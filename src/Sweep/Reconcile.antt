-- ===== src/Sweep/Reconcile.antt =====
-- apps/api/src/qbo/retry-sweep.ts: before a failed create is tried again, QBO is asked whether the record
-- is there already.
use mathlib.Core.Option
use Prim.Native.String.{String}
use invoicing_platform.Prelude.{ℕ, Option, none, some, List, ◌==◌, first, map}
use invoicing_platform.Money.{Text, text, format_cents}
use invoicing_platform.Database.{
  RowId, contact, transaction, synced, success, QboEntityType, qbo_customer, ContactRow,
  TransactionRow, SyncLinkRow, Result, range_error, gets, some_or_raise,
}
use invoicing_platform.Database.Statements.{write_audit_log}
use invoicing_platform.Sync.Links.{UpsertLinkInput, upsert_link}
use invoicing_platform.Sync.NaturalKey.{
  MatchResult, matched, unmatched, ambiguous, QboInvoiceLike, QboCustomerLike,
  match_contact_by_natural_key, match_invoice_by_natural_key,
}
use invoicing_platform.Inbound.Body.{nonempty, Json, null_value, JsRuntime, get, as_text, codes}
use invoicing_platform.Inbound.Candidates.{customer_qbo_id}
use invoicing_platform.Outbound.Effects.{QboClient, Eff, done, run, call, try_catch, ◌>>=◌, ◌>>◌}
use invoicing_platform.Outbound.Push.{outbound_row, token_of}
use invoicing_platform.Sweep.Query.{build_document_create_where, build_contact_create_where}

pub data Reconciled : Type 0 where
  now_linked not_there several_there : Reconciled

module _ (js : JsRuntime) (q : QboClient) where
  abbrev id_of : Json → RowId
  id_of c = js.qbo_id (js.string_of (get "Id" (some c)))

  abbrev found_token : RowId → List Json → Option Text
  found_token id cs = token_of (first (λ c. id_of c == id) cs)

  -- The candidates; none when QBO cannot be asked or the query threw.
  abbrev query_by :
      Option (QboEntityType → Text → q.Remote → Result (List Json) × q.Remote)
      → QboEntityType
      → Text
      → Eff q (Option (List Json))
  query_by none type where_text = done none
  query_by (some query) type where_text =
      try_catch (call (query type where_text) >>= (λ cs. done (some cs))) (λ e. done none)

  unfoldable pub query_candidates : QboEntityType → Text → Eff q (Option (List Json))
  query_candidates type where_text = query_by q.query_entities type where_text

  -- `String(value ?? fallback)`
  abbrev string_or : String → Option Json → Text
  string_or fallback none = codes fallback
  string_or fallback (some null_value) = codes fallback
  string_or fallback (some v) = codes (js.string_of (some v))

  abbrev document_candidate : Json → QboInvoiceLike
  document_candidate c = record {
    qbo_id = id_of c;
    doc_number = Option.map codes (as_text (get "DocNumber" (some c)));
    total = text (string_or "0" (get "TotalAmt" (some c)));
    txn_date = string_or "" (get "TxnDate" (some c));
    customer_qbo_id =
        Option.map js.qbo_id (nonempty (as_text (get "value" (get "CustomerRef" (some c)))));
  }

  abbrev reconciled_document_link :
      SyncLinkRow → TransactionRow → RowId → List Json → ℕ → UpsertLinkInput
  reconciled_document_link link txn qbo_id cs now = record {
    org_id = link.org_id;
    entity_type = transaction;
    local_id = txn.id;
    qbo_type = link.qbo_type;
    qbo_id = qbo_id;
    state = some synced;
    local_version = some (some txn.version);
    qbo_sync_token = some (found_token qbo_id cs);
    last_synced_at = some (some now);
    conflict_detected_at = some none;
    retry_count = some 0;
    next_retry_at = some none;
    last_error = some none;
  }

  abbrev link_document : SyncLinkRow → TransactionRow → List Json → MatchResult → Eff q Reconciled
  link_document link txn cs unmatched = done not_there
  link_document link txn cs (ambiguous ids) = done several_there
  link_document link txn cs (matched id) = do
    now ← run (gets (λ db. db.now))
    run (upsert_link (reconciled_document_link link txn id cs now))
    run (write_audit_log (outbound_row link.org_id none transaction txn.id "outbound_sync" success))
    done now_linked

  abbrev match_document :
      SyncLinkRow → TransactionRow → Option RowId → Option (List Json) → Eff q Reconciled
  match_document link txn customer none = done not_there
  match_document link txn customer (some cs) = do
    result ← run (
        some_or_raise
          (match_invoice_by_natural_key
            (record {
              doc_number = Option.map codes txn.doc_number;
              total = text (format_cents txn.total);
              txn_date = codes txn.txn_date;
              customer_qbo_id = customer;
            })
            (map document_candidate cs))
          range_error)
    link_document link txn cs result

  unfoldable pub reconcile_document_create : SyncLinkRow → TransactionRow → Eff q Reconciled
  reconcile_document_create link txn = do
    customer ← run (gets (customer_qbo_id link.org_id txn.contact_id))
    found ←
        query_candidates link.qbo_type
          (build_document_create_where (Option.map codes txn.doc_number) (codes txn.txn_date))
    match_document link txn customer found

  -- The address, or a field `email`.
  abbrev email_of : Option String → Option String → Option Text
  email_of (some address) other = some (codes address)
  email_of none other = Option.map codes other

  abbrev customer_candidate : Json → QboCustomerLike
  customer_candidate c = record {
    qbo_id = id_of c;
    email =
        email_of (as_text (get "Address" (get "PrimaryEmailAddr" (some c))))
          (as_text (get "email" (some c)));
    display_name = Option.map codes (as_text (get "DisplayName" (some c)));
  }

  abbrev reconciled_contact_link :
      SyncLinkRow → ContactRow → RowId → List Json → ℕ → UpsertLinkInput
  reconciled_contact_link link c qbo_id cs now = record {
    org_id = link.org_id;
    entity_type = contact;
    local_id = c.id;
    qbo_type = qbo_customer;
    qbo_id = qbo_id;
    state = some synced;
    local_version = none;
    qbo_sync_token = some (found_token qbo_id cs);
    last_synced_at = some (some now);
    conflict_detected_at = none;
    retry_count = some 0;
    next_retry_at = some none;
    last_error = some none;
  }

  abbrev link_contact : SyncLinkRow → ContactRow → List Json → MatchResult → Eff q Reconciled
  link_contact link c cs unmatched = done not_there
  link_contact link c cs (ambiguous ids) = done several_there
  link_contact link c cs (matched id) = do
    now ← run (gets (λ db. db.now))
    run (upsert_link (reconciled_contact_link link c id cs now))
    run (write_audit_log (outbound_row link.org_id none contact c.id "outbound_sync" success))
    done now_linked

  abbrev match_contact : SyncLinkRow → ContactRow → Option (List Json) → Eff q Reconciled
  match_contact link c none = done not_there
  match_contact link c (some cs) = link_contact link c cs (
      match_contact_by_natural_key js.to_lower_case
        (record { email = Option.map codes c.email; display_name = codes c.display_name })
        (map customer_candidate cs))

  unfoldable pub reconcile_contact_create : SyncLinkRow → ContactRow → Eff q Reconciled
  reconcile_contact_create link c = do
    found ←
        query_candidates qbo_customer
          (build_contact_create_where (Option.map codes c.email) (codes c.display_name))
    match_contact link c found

◆ ◆ ◆

**Exercise**
Show each line of the material that includes the word "done".

**Solution to the exercise**
use invoicing_platform.Outbound.Effects.{QboClient, Eff, done, run, call, try_catch, ◌>>=◌, ◌>>◌}
  query_by none type where_text = done none
      try_catch (call (query type where_text) >>= (λ cs. done (some cs))) (λ e. done none)
  link_document link txn cs unmatched = done not_there
  link_document link txn cs (ambiguous ids) = done several_there
    done now_linked
  match_document link txn customer none = done not_there
  link_contact link c cs unmatched = done not_there
  link_contact link c cs (ambiguous ids) = done several_there
    done now_linked
  match_contact link c none = done not_there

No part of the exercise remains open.